The Minister of Justice has applied for extradition of the appellants to the United States on criminal charges of copyright infringement, money laundering, racketeering, and wire fraud arising out of the operations of the Megaupload group of companies which provided storage of electronic files. These storage sites are said to have been used for massive sharing of files, in evasion of copyright.

3

Since the United States is an “exempted country” under the Act, 2 the judicial hearing to determine eligibility for surrender is being conducted, in accordance with s 25 of the Act, on the basis of a “record of the case”. Under s 25(2) such record must include both “a summary of the evidence acquired to support the request for the surrender of the person” and “other relevant documents, including photographs and copies of documents”. Once the formalities of production required by s 25 are complied with, 3 the record of the case is admissible as evidence without further proof of the matters summarised or the documents contained in it.

4

Two principal questions arise on the appeal.
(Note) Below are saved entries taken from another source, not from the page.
-- ===== src/CrossDomain/Adapters/ThreatGuard.antt =====
-- `ThreatGuardAdapter` of src/cloudnative_threatguard/correlation/cross_domain/adapters/tg_adapter.py. The id and
-- the time of the new event are random and the clock's: they are arguments.
use cloud_native_threat_guar.Prelude.{
  ℕ, String, not, ◌&&◌, ◌||◌, ◌==◌, Option, none, some, [], ◌∷◌, if◌then◌else◌,
}
use cloud_native_threat_guar.Prelude.Points.{points}
use cloud_native_threat_guar.Prelude.Dict
use cloud_native_threat_guar.Prelude.Dict.{Dict}
use cloud_native_threat_guar.Prelude.Int.{ℤ, pos}
use cloud_native_threat_guar.Prelude.Json.{
  Json, null, int, str, Fields, end, field, is_truthy, find_field, field_or, set_field,
}
use cloud_native_threat_guar.Prelude.Python.{PyError}
use cloud_native_threat_guar.Prelude.Result.{Result, ok, ◌>>=◌}
use cloud_native_threat_guar.Prelude.Text.{lower, truthy, or_else, concat, decimal}
use cloud_native_threat_guar.Runtime.Events.{SecurityEvent}
use cloud_native_threat_guar.CrossDomain.Event.{
  threatguard, EventType, runtime_detection, admission_violation, network_detection, incident,
  attack_simulation, kubernetes, Severity, low, medium, high, critical, UnifiedSecurityEvent,
}
use cloud_native_threat_guar.CrossDomain.Adapters.{validated, optional_text}

abbrev pub severity_map : Dict Severity
severity_map =
    ("critical", critical) ∷ ("high", high) ∷ ("medium", medium) ∷ ("low", low) ∷ ("info", low) ∷ []

abbrev pub severity_score : Severity → ℕ
severity_score critical = points 90
severity_score high = points 75
severity_score medium = points 50
severity_score low = points 25

abbrev pub event_type_map : Dict EventType
event_type_map =
    ("runtime_detection", runtime_detection)
    ∷ ("admission_violation", admission_violation)
    ∷ ("network_anomaly", network_detection)
    ∷ ("policy_violation", admission_violation)
    ∷ ("attack_simulation", attack_simulation)
    ∷ ("incident", incident)
    ∷ []

abbrev pub get_default {ℓ} : {V : Type ℓ} → Option V → V → V
get_default none v = v
get_default (some v) w = v

unfoldable pub type_of : SecurityEvent → EventType
unfolding Dict.get lower
type_of event = get_default (Dict.get event_type_map (lower event.event_type)) runtime_detection

unfoldable pub severity_of : SecurityEvent → Severity
unfolding Dict.get lower
severity_of event = get_default (Dict.get severity_map (lower event.severity)) high

-- `if value: evidence[key] = value`
unfoldable pub set_if : String → String → Fields → Fields
unfolding set_field
set_if key value evidence = if truthy value then set_field evidence key (str value) else evidence

unfoldable pub evidence_of : SecurityEvent → Fields
unfolding set_if set_field
evidence_of event =
    let process = set_if "executable" event.executable (
      set_if "parent_process" event.parent_process
        (set_if "process" event.process event.metadata)) in
    let file = set_if "file_path" event.file_path process in
    let network =
      if truthy event.destination_ip
      then set_field (set_field file "destination_ip" (str event.destination_ip)) "destination_port"
          (int event.destination_port)
      else file in
    if truthy event.mitre_technique
    then set_field (set_field network "mitre_technique" (str event.mitre_technique)) "mitre_tactic"
        (str event.mitre_tactic)
    else network

unfoldable pub action_of : SecurityEvent → String
unfolding concat decimal
action_of event =
    if not (truthy event.action) || event.action == "detected"
    then (if truthy event.process
        then concat ("execve:" ∷ event.process ∷ [])
        else if truthy event.file_path
        then concat ("openat:" ∷ event.file_path ∷ [])
        else if truthy event.destination_ip
        then concat ("connect:" ∷ event.destination_ip ∷ ":" ∷ decimal event.destination_port ∷ [])
        else event.action)
    else event.action

-- `x or None`
abbrev pub text_or_none : String → Option String
text_or_none s = if truthy s then some s else none

-- `python_str` is `str`, `float_of` is `float` in the units of Prelude/Points, and the two substitutions take the
-- hashes of a replica set and of a pod off the end of a name.
module _ (python_str : Json → String) (float_of : Json → Result PyError ℤ)
    (without_hashes without_hash : String → String) where
  unfoldable pub infer_workload_name : String → Fields → Option String
  unfolding find_field
  infer_workload_name pod_name metadata = elim (find_field metadata "workload") [
    | some workload ↦ some (python_str workload)
    | none ↦ if truthy pod_name then some (without_hash (without_hashes pod_name)) else none
  ]

  -- `metadata.get("service_account")`, or the account named after the workload.
  unfoldable pub service_account_of : Option String → Fields → Json
  unfolding concat find_field
  service_account_of none metadata = field_or metadata "service_account" null
  service_account_of (some workload) metadata =
      let given = field_or metadata "service_account" null in
      if not (is_truthy given) && truthy workload
      then str (concat (workload ∷ "-sa" ∷ []))
      else given

  unfoldable pub score_of : SecurityEvent → Result PyError ℤ
  unfolding find_field severity_of
  score_of event = elim (find_field event.metadata "risk_score") [
    | none ↦ ok (pos (severity_score (severity_of event)))
    | some score ↦ float_of score
  ]

  unfoldable pub unified :
      (event_id timestamp : String) → SecurityEvent → Option String → ℕ → ℕ → UnifiedSecurityEvent
  unfolding infer_workload_name evidence_of action_of severity_of type_of
  unified event_id timestamp event service_account risk_score confidence = record {
    schema_version = "1.0";
    event_id = event_id;
    timestamp = timestamp;
    source = threatguard;
    event_type = type_of event;
    provider = kubernetes;
    cluster_id = some (or_else event.cluster "threatguard-cluster");
    account_id = none;
    principal_id = none;
    principal_arn = none;
    role_arn = none;
    namespace = some (or_else event.namespace "threatguard");
    workload = infer_workload_name event.pod event.metadata;
    pod = text_or_none event.pod;
    service_account = service_account;
    resource_id = text_or_none (or_else event.file_path (or_else event.destination_ip event.pod));
    resource_arn = none;
    action = some (action_of event);
    severity = severity_of event;
    risk_score = risk_score;
    confidence = confidence;
    detection_rule = text_or_none event.detection_rule;
    description = or_else event.description "ThreatGuard security detection";
    evidence = evidence_of event;
    metadata = field "original_event_id" (str event.event_id) (
        field "node" (str event.node)
          (field "container" (str event.container) (field "engine" (str "threatguard") end)));
  }

  -- The validation of the event's numbers, and the event.
  unfoldable pub validated_event :
      (event_id timestamp : String)
      → SecurityEvent
      → ℤ
      → Option String
      → Result PyError UnifiedSecurityEvent
  unfolding unified validated
  validated_event event_id timestamp event score service_account = do
    risk_score ← validated (points 100) score
    confidence ← validated 100 (pos event.confidence)
    ok (unified event_id timestamp event service_account risk_score confidence)

  unfoldable pub to_unified_event :
      (event_id timestamp : String) → SecurityEvent → Result PyError UnifiedSecurityEvent
  unfolding score_of service_account_of infer_workload_name validated_event optional_text
  to_unified_event event_id timestamp event = do
    score ← score_of event
    service_account ←
        optional_text
          (service_account_of (infer_workload_name event.pod event.metadata) event.metadata)
    validated_event event_id timestamp event score service_account
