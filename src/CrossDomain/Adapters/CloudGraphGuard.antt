-- ===== src/CrossDomain/Adapters/CloudGraphGuard.antt =====
-- `CloudGraphGuardAdapter` of src/cloudnative_threatguard/correlation/cross_domain/adapters/cgg_adapter.py. The
-- finding's id, and the id and the time of the new event, are arguments.
use cloud_native_threat_guar.Prelude.{
  ℕ, String, Option, none, some, List, [], ◌∷◌, is_empty, if◌then◌else◌,
}
use cloud_native_threat_guar.Prelude.Points.{points}
use cloud_native_threat_guar.Prelude.Int.{pos}
use cloud_native_threat_guar.Prelude.Json.{str, arr, Fields, end, field, set_field}
use cloud_native_threat_guar.Prelude.Python.{PyError}
use cloud_native_threat_guar.Prelude.Result.{Result, ok, ◌>>=◌}
use cloud_native_threat_guar.Prelude.Text.{lower, truthy, member}
use cloud_native_threat_guar.CloudGraph.Iam.{
  FindingType, iam_privilege_escalation, iam_excessive_permission, iam_wildcard_permission,
  iam_cross_account_trust, iam_sensitive_resource_access, iam_attack_path, IamFinding,
}
use cloud_native_threat_guar.CloudGraph.Escalation.{vector_value}
use cloud_native_threat_guar.CrossDomain.Event.{
  cloudgraphguard, iam_risk, aws, Severity, low, medium, high, critical, UnifiedSecurityEvent,
}
use cloud_native_threat_guar.CrossDomain.Adapters.{validated, texts}

abbrev pub finding_type_value : FindingType → String
finding_type_value iam_privilege_escalation = "IAM_PRIVILEGE_ESCALATION"
finding_type_value iam_excessive_permission = "IAM_EXCESSIVE_PERMISSION"
finding_type_value iam_wildcard_permission = "IAM_WILDCARD_PERMISSION"
finding_type_value iam_cross_account_trust = "IAM_CROSS_ACCOUNT_TRUST"
finding_type_value iam_sensitive_resource_access = "IAM_SENSITIVE_RESOURCE_ACCESS"
finding_type_value iam_attack_path = "IAM_ATTACK_PATH"

unfoldable pub severity_of : String → Severity
unfolding lower
severity_of severity =
    let sev = lower severity in
    if member sev ("critical" ∷ "crit" ∷ [])
    then critical
    else if member sev ("high" ∷ [])
    then high
    else if member sev ("medium" ∷ "med" ∷ [])
    then medium
    else low

abbrev pub head : List String → Option String
head [] = none
head (s ∷ ss) = some s

-- The escalation vector's action, or the first effective action.
unfoldable pub action_of : IamFinding → Option String
action_of finding = elim finding.escalation_vector [
  | some vector ↦ some (vector_value vector)
  | none ↦ head finding.effective_actions
]

abbrev pub set_texts : String → List String → Fields → Fields
set_texts key ss evidence =
    if is_empty ss then evidence else set_field evidence key (arr (texts ss))

abbrev pub set_text : String → Option String → Fields → Fields
set_text key none evidence = evidence
set_text key (some s) evidence = if truthy s then set_field evidence key (str s) else evidence

unfoldable pub evidence_of : IamFinding → Fields
unfolding set_field texts
evidence_of finding = set_texts "effective_actions" finding.effective_actions (
    set_text "remediation_suggestion" finding.remediation_suggestion
      (set_texts "attack_path" finding.attack_path finding.evidence))

unfoldable pub unified :
    (finding_id event_id timestamp : String) → IamFinding → ℕ → UnifiedSecurityEvent
unfolding action_of severity_of evidence_of
unified finding_id event_id timestamp finding risk_score = record {
  schema_version = "1.0";
  event_id = event_id;
  timestamp = timestamp;
  source = cloudgraphguard;
  event_type = iam_risk;
  provider = aws;
  cluster_id = none;
  account_id = some finding.account_id;
  principal_id = some finding.principal_name;
  principal_arn = some finding.principal_arn;
  role_arn = finding.target_role_arn;
  namespace = none;
  workload = none;
  pod = none;
  service_account = none;
  resource_id = none;
  resource_arn = finding.target_resource_arn;
  action = action_of finding;
  severity = severity_of finding.severity;
  risk_score = risk_score;
  confidence = 95;
  detection_rule = some (finding_type_value finding.finding_type);
  description = finding.description;
  evidence = evidence_of finding;
  metadata =
      field "original_finding_id" (str finding_id) (field "engine" (str "cloudgraphguard") end);
}

unfoldable pub to_unified_event :
    (finding_id event_id timestamp : String) → IamFinding → Result PyError UnifiedSecurityEvent
unfolding unified validated
to_unified_event finding_id event_id timestamp finding = do
  risk_score ← validated (points 100) (pos finding.risk_score)
  ok (unified finding_id event_id timestamp finding risk_score)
First, whether documents evidencing the commission of the offence charged which are relied upon to justify the person's trial may be summarised or must be provided in the record of the case. Secondly, whether the court determining eligibility for surrender may require additional material to be disclosed.

5

The Court of Appeal 4 has overturned orders for disclosure first made in the District Court 5 and upheld on judicial review to the High Court. 6 It held that s 25 does not require provision of...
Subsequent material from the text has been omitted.